The numbers are brutal: out of 450 million Microsoft 365 users, just 4.5% pay for Copilot. The free version trails ChatGPT. Microsoft shares have slid double digits over the past year. The AI assistant that was supposed to define enterprise productivity is, as one Jefferies analyst put it, widely perceived as something that “stinks.”

Enter Jacob Andreou, age 33. In March, Satya Nadella promoted the former Snap VP — barely a year into his Microsoft tenure — to EVP of Copilot, handing him 11,000+ people and a direct reporting line. His mandate: turn Microsoft’s flagship AI product from a fragmented collection of features into a genuinely useful integrated system.

Andreou’s approach is aggressive. He eliminated redundant Copilot versions, merged consumer and enterprise teams, and introduced consumption-based billing for Copilot Cowork, Microsoft’s autonomous agent platform. Fortune reports a culture of 12-hour days, hackathons, and “10x developer” intensity.

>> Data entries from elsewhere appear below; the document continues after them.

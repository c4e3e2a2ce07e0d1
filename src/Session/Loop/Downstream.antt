-- ===== src/Session/Loop/Downstream.antt =====
-- What the broker publishes to a client through the loop of src/session/forward.rs stays in flight
-- until the client answers for it.
use traffic_director.Session.Replay.Deferred.{b2c-track_flushed}
use traffic_director.Session.Outage.Cases.{service_cases}
use traffic_director.Session.Replay.Flush.{kind_of}
use mathlib.Core.Path.{subst}
use traffic_director.Exec.Post.{Post}
use traffic_director.Session.Connected.{Loop}
use traffic_director.Session.Subscriptions.{Subscriptions}
use traffic_director.Session.Replay.{Link, establish_broker}
use traffic_director.Session.Conn.{Conn, Next, next_packet}
use traffic_director.Session.Loop.{
  Event, broker_yields, forward_loop, in_phase, with_broker, turn, connected,
}
use traffic_director.Window.Signals.{publishes, signal}
use traffic_director.Window.InFlight.{
  track_b2c-starts, InFlight, Leaves, track_c2b-b2c, track_b2c-b2c,
}
use traffic_director.Window.{is_at_most_once}
use traffic_director.Codec.{QoS, ProtocolVersion, MqttPacket, CodecLib}
use traffic_director.Prelude.{Bytes, ℕ, ◌≡◌, sym, false, Option, none, some, List, ◌∷◌, All}
use traffic_director.Session.Replay.Windows.{establish_broker-keeps}
use traffic_director.Session.Connected.Tracks.{on_broker_next-tracks}
use traffic_director.Session.Loop.Keeps.{EventFrom, forward_loop-first}
use traffic_director.Session.Kept.{Property, HasAfter, HasServed, HasLink, Kept}

-- The broker's publish of this identifier is in flight.
abbrev pub Undelivered : ℕ → Property
Undelivered id ver w b t = InFlight w.b2c id

module _ {C : Type 0} (lib : CodecLib C) (id : ℕ) where
  replay-Undelivered :
      (ver : ProtocolVersion) (connect_raw : Bytes) (t : Subscriptions) (connack suback : Next C)
      (k : Link C)
      → HasLink (Undelivered id) ver t tt k
      → Post
          (HasLink (Undelivered id) ver t)
          (establish_broker lib ver connect_raw t connack suback k)
  replay-Undelivered ver connect_raw t connack suback k h =
      establish_broker-keeps (λ w es. InFlight w.b2c id)
        (λ w e es v.
          subst (λ s. InFlight s id) (sym (b2c-track_flushed w (kind_of e.raw) e.packet_id e.raw))
            v)
        lib ver connect_raw t connack suback k h

  Undelivered-Kept : Kept lib (Undelivered id) (Leaves id) (λ p. Unit)
  Undelivered-Kept = record {
    client_tracked = λ ver w w' b t p o e h. track_c2b-b2c lib w w' p id o e h;
    table_tracked = λ ver w b t p o h. h;
    broker_tracked = λ ver w w' b t p o e h. track_b2c-b2c lib w w' p id e h;
    served = λ ver p s o h.
        service_cases lib (HasServed (Undelivered id) ver) s p h (λ b i q n raw e t x. h)
          (λ w same e. track_c2b-b2c lib s.windows w p id o e h) (λ c same e. h);
    replayed = replay-Undelivered;
  }

  -- Once a session with a broker connection has taken a publish of QoS 1 or 2 with an identifier
  -- from the broker, the identifier is in flight in the broker-to-client window, whatever happens to
  -- the session after that, as long as `forward_loop` returns without an error and no packet of the
  -- client acknowledges or completes the identifier.
  pub forward_loop-Undelivered :
      (loop_id fd : ℕ) (b : Conn C) (p : MqttPacket) (qos : QoS) (codec : C) (buf : Bytes)
      (events : List (Event C)) (l : Loop C)
      → l.session.broker ≡ some b
      → signal p ≡ publishes qos (some id)
      → is_at_most_once qos ≡ false
      → All (EventFrom (Leaves id) (λ p. Unit)) events
      → Post
          (HasAfter (Undelivered id))
          (forward_loop lib loop_id fd (broker_yields (next_packet p codec buf) ∷ events) l)
  unfolding turn connected
  forward_loop-Undelivered loop_id fd b p qos codec buf events l up s q o =
      forward_loop-first lib (Undelivered id) loop_id fd Undelivered-Kept
        (broker_yields (next_packet p codec buf)) events l o (taken l.session.broker up)
    where
      taken :
          (o : Option (Conn C))
          → o ≡ some b
          → Post
              (HasAfter (Undelivered id))
              (in_phase lib loop_id fd o (broker_yields (next_packet p codec buf)) l)
      taken none h = cc
      taken (some b') h =
          on_broker_next-tracks lib (λ w. InFlight w.b2c id) p b' codec buf (with_broker none l)
            (λ e. cc) (λ w w' t. track_b2c-starts lib w w' p id qos s q t)
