-- ===== src/Session/Subscriptions/Table.antt =====
-- The table of src/session/subscriptions.rs as a map from topic filters to options.
use traffic_director.Codec.{PacketV3, PacketV5, MqttPacket, v3, v5, CodecLib}
use traffic_director.Prelude.{
  ℕ, String, ◌≡◌, refl, ap, ◌∙◌, Bool, false, ◌||◌, Option, none, some, List, [], ◌∷◌, arith,
  str_eq, eq_iff, if◌then◌else◌,
}
use traffic_director.Session.Subscriptions.{
  upsert, upsert_all, remove, remove_all, v3_options, v5_options, track, Subscriptions,
}

unfoldable pub lookup : Subscriptions → String → Option ℕ
lookup [] filter = none
lookup (e ∷ s) filter = if str_eq e.topic_filter filter then some e.options else lookup s filter

-- What a packet asks of the table.
pub data Request : Type 0 where
  subscribes : List (String × ℕ) → Request
  unsubscribes : List String → Request
  nothing : Request

unfoldable pub request : {C : Type 0} → CodecLib C → MqttPacket → Request
request lib (v3 (PacketV3.subscribe id filters)) = subscribes (v3_options lib filters)
request lib (v3 (PacketV3.unsubscribe id filters)) = unsubscribes filters
request lib (v5 (PacketV5.subscribe s)) = subscribes (v5_options lib s.topic_filters)
request lib (v5 (PacketV5.unsubscribe u)) = unsubscribes u.topic_filters
request lib _ = nothing

-- The options that the last mention of the filter asks for, `before` if there is none.
abbrev pub last_options : List (String × ℕ) → String → Option ℕ → Option ℕ
last_options [] filter before = before
last_options ((f, o) ∷ filters) filter before =
    last_options filters filter (if str_eq f filter then some o else before)

abbrev pub mentions : List String → String → Bool
mentions [] filter = false
mentions (f ∷ filters) filter = str_eq f filter || mentions filters filter

abbrev pub granted : Request → String → Option ℕ → Option ℕ
granted (subscribes filters) filter before = last_options filters filter before
granted (unsubscribes filters) filter before = if mentions filters filter then none else before
granted nothing filter before = before

pub lookup-upsert :
    (s : Subscriptions) (f g : String) (o : ℕ)
    → lookup (upsert s f o) g ≡ (if str_eq f g then some o else lookup s g)
unfolding lookup upsert
lookup-upsert [] f g o = refl
lookup-upsert (e ∷ s) f g o =
    ground
      (arith, lookup-upsert s f g o, eq_iff e.topic_filter f, eq_iff e.topic_filter g, eq_iff f g)

pub lookup-remove :
    (s : Subscriptions) (f g : String)
    → lookup (remove s f) g ≡ (if str_eq f g then none else lookup s g)
unfolding lookup remove
lookup-remove [] f g = ground arith
lookup-remove (e ∷ s) f g =
    ground
      (arith, lookup-remove s f g, eq_iff e.topic_filter f, eq_iff e.topic_filter g, eq_iff f g)

lookup-upsert_all :
    (s : Subscriptions) (filters : List (String × ℕ)) (g : String)
    → lookup (upsert_all s filters) g ≡ last_options filters g (lookup s g)
unfolding upsert_all
lookup-upsert_all s [] g = refl
lookup-upsert_all s ((f, o) ∷ filters) g =
    lookup-upsert_all (upsert s f o) filters g ∙ ap (last_options filters g) (lookup-upsert s f g o)

lookup-remove_all :
    (s : Subscriptions) (filters : List String) (g : String)
    → lookup (remove_all s filters) g ≡ (if mentions filters g then none else lookup s g)
unfolding remove_all
lookup-remove_all s [] g = refl
lookup-remove_all s (f ∷ filters) g =
    ground (arith, lookup-remove_all (remove s f) filters g, lookup-remove s f g)

-- After any packet, v3 or v5, the table maps each filter to what the packet asks for it: the last
-- mention in a SUBSCRIBE gives the options, a mention in an UNSUBSCRIBE takes the filter out, and
-- every other filter keeps its options.
pub lookup-track :
    {C : Type 0} (lib : CodecLib C) (s : Subscriptions) (p : MqttPacket) (g : String)
    → lookup (track lib s p) g ≡ granted (request lib p) g (lookup s g)
unfolding track request
lookup-track lib s (v3 (PacketV3.subscribe id filters)) g =
    lookup-upsert_all s (v3_options lib filters) g
lookup-track lib s (v3 (PacketV3.unsubscribe id filters)) g = lookup-remove_all s filters g
lookup-track lib s (v5 (PacketV5.subscribe p)) g =
    lookup-upsert_all s (v5_options lib p.topic_filters) g
lookup-track lib s (v5 (PacketV5.unsubscribe p)) g = lookup-remove_all s p.topic_filters g
lookup-track lib s _ g = refl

A super app with an Autopilot agentic workflow is in the pipeline.

Why it matters for your business: This is the biggest real-world stress test of whether AI assistants can deliver actual enterprise ROI — not just demos. If Andreou succeeds, Microsoft’s distribution power (450M seats) makes Copilot the default AI layer for how millions of people work. If he fails, it validates the growing skepticism that AI copilots are an expensive solution in search of a problem. Either way, the outcome shapes what your team will be using — or rejecting — within the next 12 months.

Source: Fortune, June 27, 2026

MRI Software Launches AI Agents That Execute — Not Just Recommend — With Full Audit Trails

MRI Software, a 55-year-old real estate tech firm serving 45,000+ clients, launched Agora Intelligence and Agora Orchestrator on June 25. The distinction matters: Intelligence proactively flags risks, trends, and opportunities across leasing, finance, and operations — no dashboards required. Orchestrator acts on those signals, executing agentic workflows while logging every action in a searchable audit trail. Human approval gates are built in for complex decisions. CEO Patrick Ghilani put it bluntly: “Connecting AI agents to systems is becoming easier. The bigger challenge is ensuring those agents operate in ways organizations can trust.” Takeaway: The agentic AI playbook is spreading to vertical SaaS. Real estate just got a template that every industry will follow.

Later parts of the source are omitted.